(MATERIAL PROVIDED begins)
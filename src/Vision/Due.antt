-- ===== src/Vision/Due.antt =====
-- crates/clash-proxynet/src/vision.rs: what is due in each state of the reader, and that a read of
-- the session keeps it.
use rust_clash.Common.{
  ℕ, ◌+◌, ◌-◌, ◌<◌, ◌≡◌, inl, inr, refl, sym, ◌∙◌, ap, ◌&&◌, none, List, [], ◌∷◌, ◌++◌, arith,
  length, All, leb, ◌==◌, Bool-cases, nat_eq, list_eq,
}
use mathlib.Core.Path.{subst}
use mathlib.Core.List.{append_assoc}
use Prim.Native.Nat.{min}
use rust_clash.Text.{is_empty}
use rust_clash.Io.{Next}
use rust_clash.Io.Steps.{Feeds, Settles}
use rust_clash.Vision.{VisionRead, Mode, cmd_continue, max_frame, compact, fill_from_session, feed}
use rust_clash.Vision.Frames.{Frames, Ending, wire_of, carried, IsFrame, IsEnding, Behind}

abbrev pub state : Mode → ℕ → List ℕ → ℕ → ℕ → ℕ → ℕ → VisionRead
state mode start buffered command content padding empty = record {
  mode = mode;
  start = start;
  buffered = buffered;
  command = command;
  remaining_content = content;
  remaining_padding = padding;
  padding_only = empty;
  spliced = none;
}

-- The buffer is moved when there is no room behind it.
compact_shape :
    (s : VisionRead)
    → length s.buffered < 21
    → (start : ℕ) × (compact 1 s ≡ record s { start = start })
      × (start + length s.buffered < max_frame)
unfolding compact
compact_shape s few = elim (Bool-cases (is_empty s.buffered)) [
  | inl e ↦ rw e (0, refl, omega arith)
  | inr e ↦ rw e (elim (Bool-cases (leb (s.start + length s.buffered + 1) max_frame)) [
    | inl f ↦ rw f (s.start, refl, ground arith)
    | inr f ↦ rw f (0, refl, omega arith)
  ])
]

module _ (uuid : List ℕ) where
  abbrev pub Due : VisionRead → List ℕ → List ℕ → Type 0
  Due s bytes payload = elim s.mode [
    | Mode.undecided ↦
        (fs : Frames) × (end : Ending) × All IsFrame fs
        × IsEnding end
        × (0 < length (wire_of fs end))
        × (s.buffered ++ bytes ≡ uuid ++ wire_of fs end)
        × (payload ≡ carried fs end)
        × (s.command ≡ cmd_continue)
        × (s.remaining_content ≡ 0)
        × (s.remaining_padding ≡ 0)
        × (s.spliced ≡ none)
    | Mode.framed ↦
        (content padding wire rest : List ℕ) × (length content ≡ s.remaining_content)
        × (length padding ≡ s.remaining_padding)
        × (s.buffered ++ bytes ≡ content ++ (padding ++ wire))
        × (payload ≡ content ++ rest)
        × Behind s.command wire rest
        × (s.spliced ≡ none)
    | Mode.raw ↦ (s.buffered ++ bytes ≡ payload) × (s.spliced ≡ none)
  ]

  feed_undecided :
      (start : ℕ) (buffered : List ℕ) (c r p e : ℕ) (got bytes rest payload : List ℕ)
      → Due (state Mode.undecided start buffered c r p e) bytes payload
      → (bytes ≡ [] → ⊥)
      → (length got ≡ 0 → rest ≡ [])
      → bytes ≡ got ++ rest
      → Feeds Due got rest payload (feed (state Mode.undecided start buffered c r p e) got)
  unfolding feed
  feed_undecided start buffered c r p e [] bytes rest payload d never gone cut =
      absurd (never (cut ∙ gone refl))
  feed_undecided start buffered c r p e (g ∷ got) bytes rest payload
        (fs, end, all, ok, pos, eq, q, cc0, r0, p0, s0) never gone cut =
      (
        (
          fs,
          end,
          all,
          ok,
          pos,
          append_assoc buffered (g ∷ got) rest ∙ ap (λ b. buffered ++ b) (sym cut) ∙ eq,
          q,
          cc0,
          r0,
          p0,
          s0,
        ),
        omega arith,
      )

  feed_framed :
      (start : ℕ) (buffered : List ℕ) (c r p e : ℕ) (got bytes rest payload : List ℕ)
      → Due (state Mode.framed start buffered c r p e) bytes payload
      → (bytes ≡ [] → payload ≡ [])
      → (length got ≡ 0 → rest ≡ [])
      → bytes ≡ got ++ rest
      → Feeds Due got rest payload (feed (state Mode.framed start buffered c r p e) got)
  unfolding feed
  feed_framed start buffered c r p e [] bytes rest payload d over gone cut =
      let none_left = over (cut ∙ gone refl) in
      elim (Bool-cases (r == 0 && p == 0 && is_empty buffered)) [
        | inl h ↦ rw h (
          payload,
          refl,
          subst (λ b. Due (state Mode.framed start buffered c r p e) b payload) cut d,
          λ nil. none_left,
        )
        | inr h ↦ rw h none_left
      ]
  feed_framed start buffered c r p e (g ∷ got) bytes rest payload
        (content, padding, wire, left, lc, lp, eq, q, behind, s0) over gone cut =
      (
        (
          content,
          padding,
          wire,
          left,
          lc,
          lp,
          append_assoc buffered (g ∷ got) rest ∙ ap (λ b. buffered ++ b) (sym cut) ∙ eq,
          q,
          behind,
          s0,
        ),
        omega arith,
      )

  -- A fill before the end of the stream.
  pub fill_undecided :
      (start : ℕ) (buffered : List ℕ) (c r p e : ℕ) (bytes payload : List ℕ)
      → length buffered < 21
      → Due (state Mode.undecided start buffered c r p e) bytes payload
      → (bytes ≡ [] → ⊥)
      → Settles Due feed bytes payload
          (fill_from_session (state Mode.undecided start buffered c r p e))
  unfolding fill_from_session
  fill_undecided start buffered c r p e bytes payload few d never =
      let (a, shape, room) = compact_shape (state Mode.undecided start buffered c r p e) few in
      subst (λ w. Settles Due feed bytes payload w)
        (sym (ap (λ t. Next.want (min 2048 (max_frame - (t.start + length t.buffered))) t) shape))
        (
          omega arith,
          d,
          λ got rest fits gone cut.
              feed_undecided a buffered c r p e got bytes rest payload d never gone cut,
        )

  pub fill_framed :
      (start : ℕ) (buffered : List ℕ) (c r p e : ℕ) (bytes payload : List ℕ)
      → length buffered < 21
      → Due (state Mode.framed start buffered c r p e) bytes payload
      → (bytes ≡ [] → payload ≡ [])
      → Settles Due feed bytes payload
          (fill_from_session (state Mode.framed start buffered c r p e))
  unfolding fill_from_session
  fill_framed start buffered c r p e bytes payload few d over =
      let (a, shape, room) = compact_shape (state Mode.framed start buffered c r p e) few in
      subst (λ w. Settles Due feed bytes payload w)
        (sym (ap (λ t. Next.want (min 2048 (max_frame - (t.start + length t.buffered))) t) shape))
        (
          omega arith,
          d,
          λ got rest fits gone cut.
              feed_framed a buffered c r p e got bytes rest payload d over gone cut,
        )

  pub raw_feed :
      (start : ℕ) (c r p e : ℕ) (got rest : List ℕ) (bytes payload : List ℕ)
      → bytes ≡ payload
      → (length got ≡ 0 → rest ≡ [])
      → bytes ≡ got ++ rest
      → Feeds Due got rest payload (feed (state Mode.raw start [] c r p e) got)
  unfolding feed
  raw_feed start c r p e [] rest bytes payload q gone cut =
      (payload, refl, (sym cut ∙ q, refl), λ nil. sym q ∙ cut ∙ gone refl)
  raw_feed start c r p e (g ∷ got) rest bytes payload q gone cut =
      (rest, sym q ∙ cut, (refl, refl), λ nil. absurd (omega (arith, ap length nil)))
(MATERIAL PROVIDED ends)
● **REQUIRED ACTION**: All of the data needs to be printed once more, exactly.

● **RESPONSE TO THIS TASK**:
filename src/Vision/Due.antt
-- ===== src/Vision/Due.antt =====
-- crates/clash-proxynet/src/vision.rs: what is due in each state of the reader, and that a read of
-- the session keeps it.
use rust_clash.Common.{
  ℕ, ◌+◌, ◌-◌, ◌<◌, ◌≡◌, inl, inr, refl, sym, ◌∙◌, ap, ◌&&◌, none, List, [], ◌∷◌, ◌++◌, arith,
  length, All, leb, ◌==◌, Bool-cases, nat_eq, list_eq,
}
use mathlib.Core.Path.{subst}
use mathlib.Core.List.{append_assoc}
use Prim.Native.Nat.{min}
use rust_clash.Text.{is_empty}
use rust_clash.Io.{Next}
use rust_clash.Io.Steps.{Feeds, Settles}
use rust_clash.Vision.{VisionRead, Mode, cmd_continue, max_frame, compact, fill_from_session, feed}
use rust_clash.Vision.Frames.{Frames, Ending, wire_of, carried, IsFrame, IsEnding, Behind}

abbrev pub state : Mode → ℕ → List ℕ → ℕ → ℕ → ℕ → ℕ → VisionRead
state mode start buffered command content padding empty = record {
  mode = mode;
  start = start;
  buffered = buffered;
  command = command;
  remaining_content = content;
  remaining_padding = padding;
  padding_only = empty;
  spliced = none;
}

-- The buffer is moved when there is no room behind it.
compact_shape :
    (s : VisionRead)
    → length s.buffered < 21
    → (start : ℕ) × (compact 1 s ≡ record s { start = start })
      × (start + length s.buffered < max_frame)
unfolding compact
compact_shape s few = elim (Bool-cases (is_empty s.buffered)) [
  | inl e ↦ rw e (0, refl, omega arith)
  | inr e ↦ rw e (elim (Bool-cases (leb (s.start + length s.buffered + 1) max_frame)) [
    | inl f ↦ rw f (s.start, refl, ground arith)
    | inr f ↦ rw f (0, refl, omega arith)
  ])
]

module _ (uuid : List ℕ) where
  abbrev pub Due : VisionRead → List ℕ → List ℕ → Type 0
  Due s bytes payload = elim s.mode [
    | Mode.undecided ↦
        (fs : Frames) × (end : Ending) × All IsFrame fs
        × IsEnding end
        × (0 < length (wire_of fs end))
        × (s.buffered ++ bytes ≡ uuid ++ wire_of fs end)
        × (payload ≡ carried fs end)
        × (s.command ≡ cmd_continue)
        × (s.remaining_content ≡ 0)
        × (s.remaining_padding ≡ 0)
        × (s.spliced ≡ none)
    | Mode.framed ↦
        (content padding wire rest : List ℕ) × (length content ≡ s.remaining_content)
        × (length padding ≡ s.remaining_padding)
        × (s.buffered ++ bytes ≡ content ++ (padding ++ wire))
        × (payload ≡ content ++ rest)
        × Behind s.command wire rest
        × (s.spliced ≡ none)
    | Mode.raw ↦ (s.buffered ++ bytes ≡ payload) × (s.spliced ≡ none)
  ]

  feed_undecided :
      (start : ℕ) (buffered : List ℕ) (c r p e : ℕ) (got bytes rest payload : List ℕ)
      → Due (state Mode.undecided start buffered c r p e) bytes payload
      → (bytes ≡ [] → ⊥)
      → (length got ≡ 0 → rest ≡ [])
      → bytes ≡ got ++ rest
      → Feeds Due got rest payload (feed (state Mode.undecided start buffered c r p e) got)
  unfolding feed
  feed_undecided start buffered c r p e [] bytes rest payload d never gone cut =
      absurd (never (cut ∙ gone refl))
  feed_undecided start buffered c r p e (g ∷ got) bytes rest payload
        (fs, end, all, ok, pos, eq, q, cc0, r0, p0, s0) never gone cut =
      (
        (
          fs,
          end,
          all,
          ok,
          pos,
          append_assoc buffered (g ∷ got) rest ∙ ap (λ b. buffered ++ b) (sym cut) ∙ eq,
          q,
          cc0,
          r0,
          p0,
          s0,
        ),
        omega arith,
      )

  feed_framed :
      (start : ℕ) (buffered : List ℕ) (c r p e : ℕ) (got bytes rest payload : List ℕ)
      → Due (state Mode.framed start buffered c r p e) bytes payload
      → (bytes ≡ [] → payload ≡ [])
      → (length got ≡ 0 → rest ≡ [])
      → bytes ≡ got ++ rest
      → Feeds Due got rest payload (feed (state Mode.framed start buffered c r p e) got)
  unfolding feed
  feed_framed start buffered c r p e [] bytes rest payload d over gone cut =
      let none_left = over (cut ∙ gone refl) in
      elim (Bool-cases (r == 0 && p == 0 && is_empty buffered)) [
        | inl h ↦ rw h (
          payload,
          refl,
          subst (λ b. Due (state Mode.framed start buffered c r p e) b payload) cut d,
          λ nil. none_left,
        )
        | inr h ↦ rw h none_left
      ]
  feed_framed start buffered c r p e (g ∷ got) bytes rest payload
        (content, padding, wire, left, lc, lp, eq, q, behind, s0) over gone cut =
      (
        (
          content,
          padding,
          wire,
          left,
          lc,
          lp,
          append_assoc buffered (g ∷ got) rest ∙ ap (λ b. buffered ++ b) (sym cut) ∙ eq,
          q,
          behind,
          s0,
        ),
        omega arith,
      )

  -- A fill before the end of the stream.
  pub fill_undecided :
      (start : ℕ) (buffered : List ℕ) (c r p e : ℕ) (bytes payload : List ℕ)
      → length buffered < 21
      → Due (state Mode.undecided start buffered c r p e) bytes payload
      → (bytes ≡ [] → ⊥)
      → Settles Due feed bytes payload
          (fill_from_session (state Mode.undecided start buffered c r p e))
  unfolding fill_from_session
  fill_undecided start buffered c r p e bytes payload few d never =
      let (a, shape, room) = compact_shape (state Mode.undecided start buffered c r p e) few in
      subst (λ w. Settles Due feed bytes payload w)
        (sym (ap (λ t. Next.want (min 2048 (max_frame - (t.start + length t.buffered))) t) shape))
        (
          omega arith,
          d,
          λ got rest fits gone cut.
              feed_undecided a buffered c r p e got bytes rest payload d never gone cut,
        )

  pub fill_framed :
      (start : ℕ) (buffered : List ℕ) (c r p e : ℕ) (bytes payload : List ℕ)
      → length buffered < 21
      → Due (state Mode.framed start buffered c r p e) bytes payload
      → (bytes ≡ [] → payload ≡ [])
      → Settles Due feed bytes payload
          (fill_from_session (state Mode.framed start buffered c r p e))
  unfolding fill_from_session
  fill_framed start buffered c r p e bytes payload few d over =
      let (a, shape, room) = compact_shape (state Mode.framed start buffered c r p e) few in
      subst (λ w. Settles Due feed bytes payload w)
        (sym (ap (λ t. Next.want (min 2048 (max_frame - (t.start + length t.buffered))) t) shape))
        (
          omega arith,
          d,
          λ got rest fits gone cut.
              feed_framed a buffered c r p e got bytes rest payload d over gone cut,
        )

  pub raw_feed :
      (start : ℕ) (c r p e : ℕ) (got rest : List ℕ) (bytes payload : List ℕ)
      → bytes ≡ payload
      → (length got ≡ 0 → rest ≡ [])
      → bytes ≡ got ++ rest
      → Feeds Due got rest payload (feed (state Mode.raw start [] c r p e) got)
  unfolding feed
  raw_feed start c r p e [] rest bytes payload q gone cut =
      (payload, refl, (sym cut ∙ q, refl), λ nil. sym q ∙ cut ∙ gone refl)
  raw_feed start c r p e (g ∷ got) rest bytes payload q gone cut =
      (rest, sym q ∙ cut, (refl, refl), λ nil. absurd (omega (arith, ap length nil)))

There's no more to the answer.